◆ WHAT IS BEING ASKED ◆
Please report every line of the listing below that has the word "unfolding" in it.

◆ DATA EXCERPTS ◆
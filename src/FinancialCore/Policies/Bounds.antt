-- ===== src/FinancialCore/Policies/Bounds.antt =====
-- The fees and the limits of backend/modules/financial_core/domain/policies.py, against their descriptions.
use money_management_pstu_ha.Prelude.{
  ℕ, zero, suc, ◌≡◌, ◌≤◌, ◌<◌, ◌+◌, ◌*◌, refl, ◌↔◌, true, ◌&&◌, arith,
}
use money_management_pstu_ha.Prelude.Int.{pos, ◌+ℤ◌, ◌*ℤ◌, neg, floor_div, max_ℤ, leb_ℤ}
use money_management_pstu_ha.Prelude.Result.{ok}
use money_management_pstu_ha.Kernel.Money.{Money, Currency, from_minor}
use money_management_pstu_ha.FinancialCore.Policies.{
  percentage_fee, fee_for, TransferLimits, ensure_within_limits,
}

-- A debit passes the limits exactly if it is within the single limit, and with what was sent today within
-- the daily one.
pub ensure_within_limits_iff :
    (limits : TransferLimits) (amount already : Money)
    → (ensure_within_limits limits amount already ≡ ok tt) ↔ (
        (leb_ℤ amount.minor limits.max_single_transfer_minor
          && leb_ℤ (already.minor +ℤ amount.minor) limits.daily_total_minor)
        ≡ true)
unfolding ensure_within_limits
ensure_within_limits_iff limits amount already = ((λ h. ground arith), (λ h. ground arith))

scaled : (a b : ℕ) → neg (pos a) *ℤ pos b ≡ neg (pos (a * b))
unfolding neg ◌*ℤ◌
scaled zero b = ground arith
scaled (suc a) b = ground arith

rounded_up :
    (n share : ℕ)
    → n ≤ share * 10_000
    → share * 10_000 < n + 10_000
    → neg (floor_div (neg (pos n)) 10_000) ≡ pos share
unfolding neg floor_div
rounded_up zero share lower upper = ground arith
rounded_up (suc n) share lower upper = ground arith

-- The percentage fee of an amount, at a rate in basis points: the least number of minor units that is not
-- below the exact share, or the minimum where that is more, for an amount, a rate and a minimum that are
-- not negative.
pub percentage_fee-rounds_up :
    (amount : ℕ) (basis_points minimum : ℕ) (currency : Currency)
    → (share : ℕ) → amount * basis_points ≤ share * 10_000
    → share * 10_000 < amount * basis_points + 10_000
    → fee_for (percentage_fee (pos basis_points) (pos minimum)) (from_minor (pos amount) currency)
      ≡ from_minor (max_ℤ (pos share) (pos minimum)) currency
unfolding fee_for from_minor
percentage_fee-rounds_up amount basis_points minimum currency share lower upper =
    rw (scaled amount basis_points, rounded_up (amount * basis_points) share lower upper) refl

◆ SOLUTION TO THE EXERCISE ◆
unfolding ensure_within_limits
unfolding neg ◌*ℤ◌
unfolding neg floor_div
unfolding fee_for from_minor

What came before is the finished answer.